=== Begin Enclosure ===
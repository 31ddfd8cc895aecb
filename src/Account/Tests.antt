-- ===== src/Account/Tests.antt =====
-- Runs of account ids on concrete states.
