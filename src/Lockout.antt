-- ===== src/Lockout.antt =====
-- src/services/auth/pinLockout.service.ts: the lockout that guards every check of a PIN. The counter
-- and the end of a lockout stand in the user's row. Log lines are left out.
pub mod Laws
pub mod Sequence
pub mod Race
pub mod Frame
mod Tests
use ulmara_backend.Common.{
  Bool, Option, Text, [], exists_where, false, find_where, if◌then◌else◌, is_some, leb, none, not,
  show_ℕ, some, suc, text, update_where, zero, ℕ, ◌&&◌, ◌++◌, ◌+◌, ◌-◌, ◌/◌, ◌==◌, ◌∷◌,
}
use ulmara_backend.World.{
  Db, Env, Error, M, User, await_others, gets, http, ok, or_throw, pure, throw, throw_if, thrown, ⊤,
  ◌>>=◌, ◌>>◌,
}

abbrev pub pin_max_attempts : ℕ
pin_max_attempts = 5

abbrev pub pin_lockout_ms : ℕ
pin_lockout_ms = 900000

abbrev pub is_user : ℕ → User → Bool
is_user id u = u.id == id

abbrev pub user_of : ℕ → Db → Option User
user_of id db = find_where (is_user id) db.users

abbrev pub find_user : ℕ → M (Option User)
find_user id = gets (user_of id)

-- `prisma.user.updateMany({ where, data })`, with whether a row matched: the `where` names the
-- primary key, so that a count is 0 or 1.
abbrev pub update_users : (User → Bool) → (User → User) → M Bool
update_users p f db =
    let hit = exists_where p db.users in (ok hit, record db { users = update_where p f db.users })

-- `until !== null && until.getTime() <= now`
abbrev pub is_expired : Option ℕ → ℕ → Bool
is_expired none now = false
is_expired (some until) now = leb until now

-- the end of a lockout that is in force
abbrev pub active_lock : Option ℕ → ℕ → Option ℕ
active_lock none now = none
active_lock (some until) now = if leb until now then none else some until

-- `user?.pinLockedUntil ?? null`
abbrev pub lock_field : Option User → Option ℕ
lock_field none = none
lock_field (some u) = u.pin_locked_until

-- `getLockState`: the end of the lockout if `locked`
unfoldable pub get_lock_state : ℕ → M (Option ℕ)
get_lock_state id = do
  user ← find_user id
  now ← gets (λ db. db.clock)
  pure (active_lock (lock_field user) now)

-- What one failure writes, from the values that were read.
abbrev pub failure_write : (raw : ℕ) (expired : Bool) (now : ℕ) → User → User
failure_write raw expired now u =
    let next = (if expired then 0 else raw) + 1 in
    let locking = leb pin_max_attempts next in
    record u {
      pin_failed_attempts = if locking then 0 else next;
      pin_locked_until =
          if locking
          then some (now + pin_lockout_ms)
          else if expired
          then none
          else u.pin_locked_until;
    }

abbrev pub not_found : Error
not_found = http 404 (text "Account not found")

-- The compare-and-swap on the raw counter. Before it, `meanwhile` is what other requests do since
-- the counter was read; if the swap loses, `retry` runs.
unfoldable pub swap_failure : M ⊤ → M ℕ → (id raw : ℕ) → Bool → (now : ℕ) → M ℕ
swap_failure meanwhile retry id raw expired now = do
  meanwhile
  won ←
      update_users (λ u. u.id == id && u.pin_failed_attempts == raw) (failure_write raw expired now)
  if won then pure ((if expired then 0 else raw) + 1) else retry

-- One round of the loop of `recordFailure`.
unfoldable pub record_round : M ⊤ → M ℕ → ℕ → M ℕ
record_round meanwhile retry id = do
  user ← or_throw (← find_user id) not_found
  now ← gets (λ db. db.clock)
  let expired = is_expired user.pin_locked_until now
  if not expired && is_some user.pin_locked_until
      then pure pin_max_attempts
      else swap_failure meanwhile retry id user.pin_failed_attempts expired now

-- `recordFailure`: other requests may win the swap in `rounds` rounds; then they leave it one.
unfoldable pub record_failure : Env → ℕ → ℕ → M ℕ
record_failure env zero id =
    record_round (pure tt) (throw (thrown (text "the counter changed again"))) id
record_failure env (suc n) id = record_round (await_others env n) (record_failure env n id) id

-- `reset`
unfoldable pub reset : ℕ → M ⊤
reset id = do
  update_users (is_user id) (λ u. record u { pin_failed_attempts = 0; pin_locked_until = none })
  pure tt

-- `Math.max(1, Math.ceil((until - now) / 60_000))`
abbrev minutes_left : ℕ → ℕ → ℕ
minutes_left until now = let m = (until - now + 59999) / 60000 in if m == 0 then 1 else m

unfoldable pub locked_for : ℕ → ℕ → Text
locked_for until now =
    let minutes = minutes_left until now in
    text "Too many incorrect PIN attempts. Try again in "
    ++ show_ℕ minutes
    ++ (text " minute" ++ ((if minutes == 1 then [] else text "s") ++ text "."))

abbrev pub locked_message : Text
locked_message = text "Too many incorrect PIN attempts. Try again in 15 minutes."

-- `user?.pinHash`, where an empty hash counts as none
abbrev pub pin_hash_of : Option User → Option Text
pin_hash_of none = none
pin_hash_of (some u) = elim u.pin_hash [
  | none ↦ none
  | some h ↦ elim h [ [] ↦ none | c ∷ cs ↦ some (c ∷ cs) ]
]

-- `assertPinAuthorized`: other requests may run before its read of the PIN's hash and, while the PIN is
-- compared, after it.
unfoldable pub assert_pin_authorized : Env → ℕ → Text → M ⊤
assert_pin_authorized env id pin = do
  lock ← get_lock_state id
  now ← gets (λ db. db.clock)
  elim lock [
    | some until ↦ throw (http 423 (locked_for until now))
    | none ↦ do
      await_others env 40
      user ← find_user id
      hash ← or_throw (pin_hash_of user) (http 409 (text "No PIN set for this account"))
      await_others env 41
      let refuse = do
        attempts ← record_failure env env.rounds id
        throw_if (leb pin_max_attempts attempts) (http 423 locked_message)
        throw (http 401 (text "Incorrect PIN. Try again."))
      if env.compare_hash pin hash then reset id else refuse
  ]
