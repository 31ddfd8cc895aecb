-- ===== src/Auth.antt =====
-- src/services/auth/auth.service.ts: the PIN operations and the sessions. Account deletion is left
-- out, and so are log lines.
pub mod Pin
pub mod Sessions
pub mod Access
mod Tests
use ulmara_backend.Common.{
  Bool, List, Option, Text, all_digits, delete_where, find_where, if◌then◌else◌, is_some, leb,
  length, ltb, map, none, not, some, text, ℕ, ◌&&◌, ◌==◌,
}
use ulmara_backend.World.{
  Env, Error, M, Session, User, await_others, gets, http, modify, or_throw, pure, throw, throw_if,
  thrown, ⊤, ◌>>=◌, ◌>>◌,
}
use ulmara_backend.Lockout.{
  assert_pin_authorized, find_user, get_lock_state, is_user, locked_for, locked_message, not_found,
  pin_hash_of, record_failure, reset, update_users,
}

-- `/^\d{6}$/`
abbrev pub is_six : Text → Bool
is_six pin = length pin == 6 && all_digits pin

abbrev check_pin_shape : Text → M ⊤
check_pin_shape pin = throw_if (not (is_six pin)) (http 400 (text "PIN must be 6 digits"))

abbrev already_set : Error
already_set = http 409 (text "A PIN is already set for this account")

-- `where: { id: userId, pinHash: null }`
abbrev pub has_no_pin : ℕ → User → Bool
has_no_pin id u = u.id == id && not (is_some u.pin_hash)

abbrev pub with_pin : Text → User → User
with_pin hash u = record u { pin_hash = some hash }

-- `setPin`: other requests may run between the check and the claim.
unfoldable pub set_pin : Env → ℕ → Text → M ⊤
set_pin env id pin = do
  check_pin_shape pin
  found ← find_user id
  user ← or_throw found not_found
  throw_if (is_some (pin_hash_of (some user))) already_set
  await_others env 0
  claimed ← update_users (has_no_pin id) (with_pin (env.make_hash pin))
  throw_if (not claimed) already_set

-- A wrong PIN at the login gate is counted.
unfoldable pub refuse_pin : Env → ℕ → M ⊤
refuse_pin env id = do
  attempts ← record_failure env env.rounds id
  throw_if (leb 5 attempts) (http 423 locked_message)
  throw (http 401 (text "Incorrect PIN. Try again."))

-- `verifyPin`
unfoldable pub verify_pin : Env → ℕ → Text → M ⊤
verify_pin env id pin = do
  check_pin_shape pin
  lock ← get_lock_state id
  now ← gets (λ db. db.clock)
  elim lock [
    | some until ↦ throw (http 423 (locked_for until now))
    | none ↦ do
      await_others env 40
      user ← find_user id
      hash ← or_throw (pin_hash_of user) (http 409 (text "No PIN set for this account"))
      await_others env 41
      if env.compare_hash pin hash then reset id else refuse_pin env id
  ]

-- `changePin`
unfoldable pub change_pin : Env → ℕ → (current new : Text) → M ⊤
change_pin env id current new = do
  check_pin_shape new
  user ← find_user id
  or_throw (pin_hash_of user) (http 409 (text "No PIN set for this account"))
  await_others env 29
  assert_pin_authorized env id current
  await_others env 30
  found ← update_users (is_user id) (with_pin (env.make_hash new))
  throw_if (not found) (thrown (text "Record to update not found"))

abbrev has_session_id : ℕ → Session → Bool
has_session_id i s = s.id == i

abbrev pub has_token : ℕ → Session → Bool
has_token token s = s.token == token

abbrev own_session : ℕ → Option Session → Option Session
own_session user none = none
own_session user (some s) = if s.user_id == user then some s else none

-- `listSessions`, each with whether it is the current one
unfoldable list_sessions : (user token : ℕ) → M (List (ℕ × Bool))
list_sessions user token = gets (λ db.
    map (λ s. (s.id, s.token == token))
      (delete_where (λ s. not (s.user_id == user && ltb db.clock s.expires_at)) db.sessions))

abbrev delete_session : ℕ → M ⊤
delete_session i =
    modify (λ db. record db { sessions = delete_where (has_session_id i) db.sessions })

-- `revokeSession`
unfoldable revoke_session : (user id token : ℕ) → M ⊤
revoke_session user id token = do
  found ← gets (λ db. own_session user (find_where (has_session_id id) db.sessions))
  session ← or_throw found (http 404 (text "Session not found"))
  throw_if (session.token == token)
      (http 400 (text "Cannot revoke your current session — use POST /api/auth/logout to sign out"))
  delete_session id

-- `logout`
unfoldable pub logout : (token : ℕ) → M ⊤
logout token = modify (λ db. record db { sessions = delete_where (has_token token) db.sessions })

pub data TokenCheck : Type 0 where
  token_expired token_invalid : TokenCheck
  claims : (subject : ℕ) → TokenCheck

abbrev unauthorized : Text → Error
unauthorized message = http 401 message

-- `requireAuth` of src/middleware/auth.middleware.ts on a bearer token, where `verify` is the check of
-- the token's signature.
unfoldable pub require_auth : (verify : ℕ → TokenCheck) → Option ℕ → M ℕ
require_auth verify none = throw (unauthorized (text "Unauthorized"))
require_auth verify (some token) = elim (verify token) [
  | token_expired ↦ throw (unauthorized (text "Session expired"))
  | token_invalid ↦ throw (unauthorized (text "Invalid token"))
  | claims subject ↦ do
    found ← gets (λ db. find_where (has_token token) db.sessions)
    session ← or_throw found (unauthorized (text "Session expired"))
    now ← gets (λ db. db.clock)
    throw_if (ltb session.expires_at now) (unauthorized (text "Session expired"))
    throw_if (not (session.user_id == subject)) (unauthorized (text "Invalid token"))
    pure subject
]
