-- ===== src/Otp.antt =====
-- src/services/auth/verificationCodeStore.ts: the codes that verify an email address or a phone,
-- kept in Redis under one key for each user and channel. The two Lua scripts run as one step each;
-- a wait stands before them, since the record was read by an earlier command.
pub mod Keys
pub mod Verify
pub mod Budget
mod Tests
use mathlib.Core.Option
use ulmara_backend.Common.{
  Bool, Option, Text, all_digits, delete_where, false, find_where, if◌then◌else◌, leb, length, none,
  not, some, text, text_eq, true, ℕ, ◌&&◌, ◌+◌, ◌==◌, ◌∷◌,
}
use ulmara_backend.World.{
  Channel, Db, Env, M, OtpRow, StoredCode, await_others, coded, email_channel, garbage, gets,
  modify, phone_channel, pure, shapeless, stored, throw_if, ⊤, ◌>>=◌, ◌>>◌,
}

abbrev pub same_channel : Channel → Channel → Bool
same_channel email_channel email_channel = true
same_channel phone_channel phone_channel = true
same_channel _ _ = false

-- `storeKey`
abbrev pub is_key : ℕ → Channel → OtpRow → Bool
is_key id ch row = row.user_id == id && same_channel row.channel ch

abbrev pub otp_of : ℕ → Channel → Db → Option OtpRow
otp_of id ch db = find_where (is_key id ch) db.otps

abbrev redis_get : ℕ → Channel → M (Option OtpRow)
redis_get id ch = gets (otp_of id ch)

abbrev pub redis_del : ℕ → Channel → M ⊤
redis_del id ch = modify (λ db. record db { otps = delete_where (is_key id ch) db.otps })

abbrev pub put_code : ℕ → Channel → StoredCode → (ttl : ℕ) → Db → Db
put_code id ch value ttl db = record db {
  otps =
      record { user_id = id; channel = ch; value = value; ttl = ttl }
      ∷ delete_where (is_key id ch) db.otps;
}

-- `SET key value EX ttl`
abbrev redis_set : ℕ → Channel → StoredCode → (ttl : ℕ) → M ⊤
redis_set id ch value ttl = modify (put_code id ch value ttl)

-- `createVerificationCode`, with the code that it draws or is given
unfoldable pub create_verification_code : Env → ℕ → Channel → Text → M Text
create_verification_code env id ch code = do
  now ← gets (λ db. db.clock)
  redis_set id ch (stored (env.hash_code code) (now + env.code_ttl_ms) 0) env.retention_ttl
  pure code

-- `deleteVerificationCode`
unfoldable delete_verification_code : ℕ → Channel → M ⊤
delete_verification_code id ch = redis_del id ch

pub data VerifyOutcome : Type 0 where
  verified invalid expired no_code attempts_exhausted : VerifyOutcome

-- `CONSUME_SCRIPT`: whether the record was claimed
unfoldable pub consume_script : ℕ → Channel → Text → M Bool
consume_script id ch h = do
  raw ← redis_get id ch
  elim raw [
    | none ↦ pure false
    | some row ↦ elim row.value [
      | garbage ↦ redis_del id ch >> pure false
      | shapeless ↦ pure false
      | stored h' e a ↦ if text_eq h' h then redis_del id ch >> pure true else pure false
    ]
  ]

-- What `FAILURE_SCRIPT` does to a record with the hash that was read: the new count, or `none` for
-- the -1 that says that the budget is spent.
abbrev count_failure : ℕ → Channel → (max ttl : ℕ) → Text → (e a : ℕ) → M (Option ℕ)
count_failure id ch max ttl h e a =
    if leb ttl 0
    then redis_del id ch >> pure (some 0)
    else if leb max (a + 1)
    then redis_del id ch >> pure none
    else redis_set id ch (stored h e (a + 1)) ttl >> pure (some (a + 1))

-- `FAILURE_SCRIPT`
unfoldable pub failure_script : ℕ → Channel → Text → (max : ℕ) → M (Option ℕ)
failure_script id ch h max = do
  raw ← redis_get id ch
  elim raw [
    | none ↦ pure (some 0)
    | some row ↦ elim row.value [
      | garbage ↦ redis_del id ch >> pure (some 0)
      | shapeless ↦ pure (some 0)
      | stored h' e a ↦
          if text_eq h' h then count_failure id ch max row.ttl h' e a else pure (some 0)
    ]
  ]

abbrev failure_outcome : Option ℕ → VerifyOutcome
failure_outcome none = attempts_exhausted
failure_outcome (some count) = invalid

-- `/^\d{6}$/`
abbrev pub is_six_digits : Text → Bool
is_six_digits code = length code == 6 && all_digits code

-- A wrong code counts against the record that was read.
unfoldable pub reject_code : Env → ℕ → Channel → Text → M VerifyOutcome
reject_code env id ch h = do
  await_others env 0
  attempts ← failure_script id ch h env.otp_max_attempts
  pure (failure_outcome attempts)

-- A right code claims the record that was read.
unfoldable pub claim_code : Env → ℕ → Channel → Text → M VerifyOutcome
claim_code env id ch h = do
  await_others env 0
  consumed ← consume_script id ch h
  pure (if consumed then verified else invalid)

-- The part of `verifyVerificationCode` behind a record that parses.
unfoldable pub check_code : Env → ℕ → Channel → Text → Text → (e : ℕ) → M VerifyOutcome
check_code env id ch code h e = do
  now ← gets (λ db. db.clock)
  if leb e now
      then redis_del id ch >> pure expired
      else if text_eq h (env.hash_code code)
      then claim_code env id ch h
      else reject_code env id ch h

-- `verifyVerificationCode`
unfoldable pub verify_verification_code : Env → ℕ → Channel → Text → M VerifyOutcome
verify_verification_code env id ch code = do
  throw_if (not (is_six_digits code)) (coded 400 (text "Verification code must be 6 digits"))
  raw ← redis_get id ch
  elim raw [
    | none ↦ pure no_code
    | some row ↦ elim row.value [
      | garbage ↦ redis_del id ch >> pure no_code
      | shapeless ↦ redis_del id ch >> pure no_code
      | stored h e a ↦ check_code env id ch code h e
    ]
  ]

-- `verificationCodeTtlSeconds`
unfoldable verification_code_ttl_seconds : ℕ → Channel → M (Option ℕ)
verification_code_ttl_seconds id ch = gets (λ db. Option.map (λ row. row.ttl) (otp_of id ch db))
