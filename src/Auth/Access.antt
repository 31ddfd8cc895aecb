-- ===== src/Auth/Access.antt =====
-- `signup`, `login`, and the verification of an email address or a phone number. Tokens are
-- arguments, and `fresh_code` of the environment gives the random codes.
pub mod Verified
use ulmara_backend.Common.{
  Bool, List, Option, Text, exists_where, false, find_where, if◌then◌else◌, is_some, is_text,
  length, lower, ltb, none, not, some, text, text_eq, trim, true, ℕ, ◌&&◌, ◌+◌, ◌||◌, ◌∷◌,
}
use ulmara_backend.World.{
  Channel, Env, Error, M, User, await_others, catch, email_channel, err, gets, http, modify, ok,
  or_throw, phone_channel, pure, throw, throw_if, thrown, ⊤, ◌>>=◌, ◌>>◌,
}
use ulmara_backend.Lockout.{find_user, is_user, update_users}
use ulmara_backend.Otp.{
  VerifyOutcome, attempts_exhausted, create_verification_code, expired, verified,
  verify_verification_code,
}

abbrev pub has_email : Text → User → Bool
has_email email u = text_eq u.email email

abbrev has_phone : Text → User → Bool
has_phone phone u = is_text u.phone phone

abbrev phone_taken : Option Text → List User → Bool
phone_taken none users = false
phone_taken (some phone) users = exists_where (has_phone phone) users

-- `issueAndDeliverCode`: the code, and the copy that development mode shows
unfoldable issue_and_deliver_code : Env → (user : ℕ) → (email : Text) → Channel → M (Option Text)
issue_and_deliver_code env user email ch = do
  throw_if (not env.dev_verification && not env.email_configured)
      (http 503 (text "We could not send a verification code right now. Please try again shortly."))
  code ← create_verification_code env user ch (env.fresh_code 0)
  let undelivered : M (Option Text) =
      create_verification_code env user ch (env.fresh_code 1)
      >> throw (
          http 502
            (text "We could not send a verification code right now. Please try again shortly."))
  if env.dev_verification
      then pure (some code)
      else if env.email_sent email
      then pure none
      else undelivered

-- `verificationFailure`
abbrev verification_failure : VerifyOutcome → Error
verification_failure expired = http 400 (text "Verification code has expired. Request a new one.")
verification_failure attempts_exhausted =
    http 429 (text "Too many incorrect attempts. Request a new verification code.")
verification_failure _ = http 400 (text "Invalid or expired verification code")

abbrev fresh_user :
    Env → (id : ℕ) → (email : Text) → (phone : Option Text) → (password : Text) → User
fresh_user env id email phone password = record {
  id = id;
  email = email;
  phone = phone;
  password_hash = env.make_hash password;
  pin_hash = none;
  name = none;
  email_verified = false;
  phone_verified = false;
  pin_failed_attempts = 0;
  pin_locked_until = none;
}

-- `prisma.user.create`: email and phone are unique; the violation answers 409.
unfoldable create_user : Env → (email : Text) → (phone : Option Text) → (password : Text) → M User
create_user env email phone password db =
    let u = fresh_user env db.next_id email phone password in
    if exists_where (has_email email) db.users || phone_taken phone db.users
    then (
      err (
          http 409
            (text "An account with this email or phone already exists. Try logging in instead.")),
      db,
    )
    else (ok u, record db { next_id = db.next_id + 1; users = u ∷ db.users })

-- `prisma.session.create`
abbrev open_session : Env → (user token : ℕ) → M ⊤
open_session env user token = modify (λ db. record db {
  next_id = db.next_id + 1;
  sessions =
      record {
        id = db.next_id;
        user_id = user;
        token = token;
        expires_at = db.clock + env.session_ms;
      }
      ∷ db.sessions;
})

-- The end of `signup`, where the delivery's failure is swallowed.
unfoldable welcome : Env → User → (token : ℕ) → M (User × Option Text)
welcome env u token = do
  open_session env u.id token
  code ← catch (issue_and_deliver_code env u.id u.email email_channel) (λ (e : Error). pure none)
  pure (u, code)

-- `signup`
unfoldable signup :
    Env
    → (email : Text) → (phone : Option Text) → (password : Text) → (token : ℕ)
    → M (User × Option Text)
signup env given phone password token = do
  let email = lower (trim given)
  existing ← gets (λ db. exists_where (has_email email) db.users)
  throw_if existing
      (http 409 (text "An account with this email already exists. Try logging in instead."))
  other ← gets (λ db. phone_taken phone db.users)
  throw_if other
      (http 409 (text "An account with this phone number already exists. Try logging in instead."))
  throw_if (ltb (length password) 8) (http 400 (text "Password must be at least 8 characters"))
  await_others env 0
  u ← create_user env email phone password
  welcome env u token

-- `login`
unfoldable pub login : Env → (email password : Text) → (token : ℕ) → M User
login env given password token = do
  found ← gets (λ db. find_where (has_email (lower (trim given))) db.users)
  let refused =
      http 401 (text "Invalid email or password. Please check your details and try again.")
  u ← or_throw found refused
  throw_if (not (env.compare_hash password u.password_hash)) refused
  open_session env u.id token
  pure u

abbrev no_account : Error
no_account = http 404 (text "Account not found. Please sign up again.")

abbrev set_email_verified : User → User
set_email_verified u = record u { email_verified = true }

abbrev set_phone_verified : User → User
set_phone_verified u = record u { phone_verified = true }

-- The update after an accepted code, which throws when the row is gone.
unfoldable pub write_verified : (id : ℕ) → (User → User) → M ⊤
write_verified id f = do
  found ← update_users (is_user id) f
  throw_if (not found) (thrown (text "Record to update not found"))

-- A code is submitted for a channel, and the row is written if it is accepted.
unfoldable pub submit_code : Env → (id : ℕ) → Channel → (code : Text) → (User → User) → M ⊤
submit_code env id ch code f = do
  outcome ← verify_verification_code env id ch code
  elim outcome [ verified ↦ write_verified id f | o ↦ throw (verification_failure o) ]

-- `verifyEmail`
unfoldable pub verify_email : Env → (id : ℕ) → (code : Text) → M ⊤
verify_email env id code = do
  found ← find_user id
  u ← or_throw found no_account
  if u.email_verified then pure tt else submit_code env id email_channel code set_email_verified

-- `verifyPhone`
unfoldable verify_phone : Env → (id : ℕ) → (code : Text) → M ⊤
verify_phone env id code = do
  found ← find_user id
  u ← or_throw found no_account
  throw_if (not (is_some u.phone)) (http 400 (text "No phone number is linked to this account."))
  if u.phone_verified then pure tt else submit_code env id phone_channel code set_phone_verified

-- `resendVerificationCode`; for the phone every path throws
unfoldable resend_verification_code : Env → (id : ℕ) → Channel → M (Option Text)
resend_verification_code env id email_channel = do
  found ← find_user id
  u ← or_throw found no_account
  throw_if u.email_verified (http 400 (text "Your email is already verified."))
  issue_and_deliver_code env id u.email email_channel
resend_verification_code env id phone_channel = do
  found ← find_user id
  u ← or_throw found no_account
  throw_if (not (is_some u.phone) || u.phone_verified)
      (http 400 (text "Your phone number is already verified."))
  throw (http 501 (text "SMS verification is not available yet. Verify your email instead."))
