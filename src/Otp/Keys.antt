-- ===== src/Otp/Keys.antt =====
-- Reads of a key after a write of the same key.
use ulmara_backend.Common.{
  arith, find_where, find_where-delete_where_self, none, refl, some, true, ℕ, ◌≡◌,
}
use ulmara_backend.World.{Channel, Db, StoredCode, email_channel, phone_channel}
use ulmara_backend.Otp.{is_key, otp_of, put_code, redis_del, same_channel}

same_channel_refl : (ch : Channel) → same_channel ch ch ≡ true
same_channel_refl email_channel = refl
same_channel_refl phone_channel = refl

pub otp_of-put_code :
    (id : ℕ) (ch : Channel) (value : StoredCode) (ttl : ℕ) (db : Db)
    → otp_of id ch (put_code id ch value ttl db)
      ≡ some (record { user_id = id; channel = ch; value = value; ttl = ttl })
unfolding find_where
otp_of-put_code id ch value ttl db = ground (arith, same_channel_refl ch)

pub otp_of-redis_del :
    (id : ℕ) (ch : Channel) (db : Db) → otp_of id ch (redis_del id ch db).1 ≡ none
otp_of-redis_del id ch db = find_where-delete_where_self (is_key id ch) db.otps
=== End Enclosure ===
Each line from the first line of the listing through the line containing "-- src/services/auth/pinLockout.service.ts: the" must be set down exactly; no other line belongs in the answer.

repository 31ddfd8cc895aecb
filename src/Account/Tests.antt
-- ===== src/Account/Tests.antt =====
-- Runs of account ids on concrete states.
filename src/Lockout.antt
-- ===== src/Lockout.antt =====
-- src/services/auth/pinLockout.service.ts: the lockout that guards every check of a PIN. The counter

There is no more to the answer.